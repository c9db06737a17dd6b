-- ===== src/SharedMemory/Reopen.antt =====
-- SharedMemory$new on a key that is in use, with leave to attach.
use atomicles.Base.{ℕ, ◌≡◌, refl, ◌∙◌, ap, true, Option, some, arith}
use atomicles.Sys.{Kernel}
use atomicles.Sys.Run
use atomicles.Sys.Run.{Returns, returns}
use atomicles.Sys.View.{View, Segment, attach_at}
use atomicles.Sys.Laws.{Laws}
use atomicles.Semaphore.{sem_key}
use atomicles.Semaphore.Life.{new-reattach}
use atomicles.SharedMemory.{guard_key, shm_key, reopen_segment, open_segment, guard_segment, new}
use atomicles.SharedMemory.Life.{mapped, map_segment_lem, lock_memory_lem}

module _ {W : Type 0} ⦃k : Kernel W⦄ (laws : Laws k) where
  open laws use {view}

  -- The segment under a key, mapped once more.
  abbrev Mapped : View → (id : ℕ) → Option (ℕ × ℕ) → W → Type 0
  Mapped v id r w' = (addr : ℕ) × (r ≡ some (id, addr)) × (view w' ≡ attach_at v addr id)

  open_existing :
      {w : W} {key id : ℕ} (size : ℕ) {seg : Segment}
      → (view w).shm_ids (shm_key k key) ≡ some id
      → (view w).shms id ≡ some seg
      → Returns (Mapped (view w) id) (open_segment key size true w)
  unfolding open_segment reopen_segment
  open_existing {w} {key} {id} size {seg} bound there =
      Run.bind (laws.shmget_exists w {key = shm_key k key} {id = id} size bound) λ r w1 (e, same).
        rw e (
          Run.bind (laws.shmget_found w1 {key = shm_key k key} {id = id} (rw same bound))
            λ r' w2 (e', same'). rw e' (
              Run.mono (map_segment_lem laws {id = id} {seg = seg} (rw (same', same) there))
                λ m w3 (addr, made, at).
                  (addr, made, at ∙ ap (λ v. attach_at v addr id) (same' ∙ same))))

  guard_existing :
      {w : W} {key guard_id : ℕ} (id size addr : ℕ) {v : View}
      → view w ≡ v
      → v.sem_ids (sem_key k (guard_key key)) ≡ some guard_id
      → Returns
          (λ r w'. (r ≡ some (mapped key id size addr guard_id)) × (view w' ≡ v))
          (guard_segment key id size addr true w)
  unfolding guard_segment
  guard_existing {w} {key} {guard_id} id size addr same guarded =
      Run.bind
        (new-reattach laws {key = guard_key key} {id = guard_id} 1 1 (rw same guarded) (omega arith)
          (omega arith))
        λ o w1 (e1, s1). rw e1 (
          Run.bind (lock_memory_lem laws w1 addr size)
            λ b w2 (e2, s2). rw e2 (returns (refl, s2 ∙ s1 ∙ same)))

  -- With a segment under the key and its guard's set there, SharedMemory$new with leave to attach
  -- maps the segment as it is and finds the guard; the size of the object is the one asked for,
  -- whatever that of the segment.
  pub new-reopen :
      {w : W} {key id guard_id : ℕ} (size : ℕ) {seg : Segment}
      → (view w).shm_ids (shm_key k key) ≡ some id
      → (view w).shms id ≡ some seg
      → (view w).sem_ids (sem_key k (guard_key key)) ≡ some guard_id
      → Returns
          (λ r w'.
            (addr : ℕ) × (r ≡ some (mapped key id size addr guard_id))
            × (view w' ≡ attach_at (view w) addr id))
          (new key size true w)
  unfolding new
  new-reopen {w} {key} {id} {guard_id} size {seg} bound there guarded =
      Run.bind (laws.malloc_ok w) λ b w1 (junk, e1, s1). rw e1 (
        Run.bind (open_existing {key = key} {id = id} size {seg = seg} (rw s1 bound) (rw s1 there))
          λ m w2 (addr, e2, at). rw e2 (
            Run.mono
              (guard_existing {key = key} {guard_id = guard_id} id size addr
                (at ∙ ap (λ v. attach_at v addr id) s1) guarded)
              λ r w3 (e3, s3). (addr, e3, s3)))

○ ○ ○ ○ ○

→ TASK DETAILS: Write down every line of the data above that includes the string "under".

→ WRITTEN RESPONSE:
  -- The segment under a key, mapped once more.
  -- With a segment under the key and its guard's set there, SharedMemory$new with leave to attach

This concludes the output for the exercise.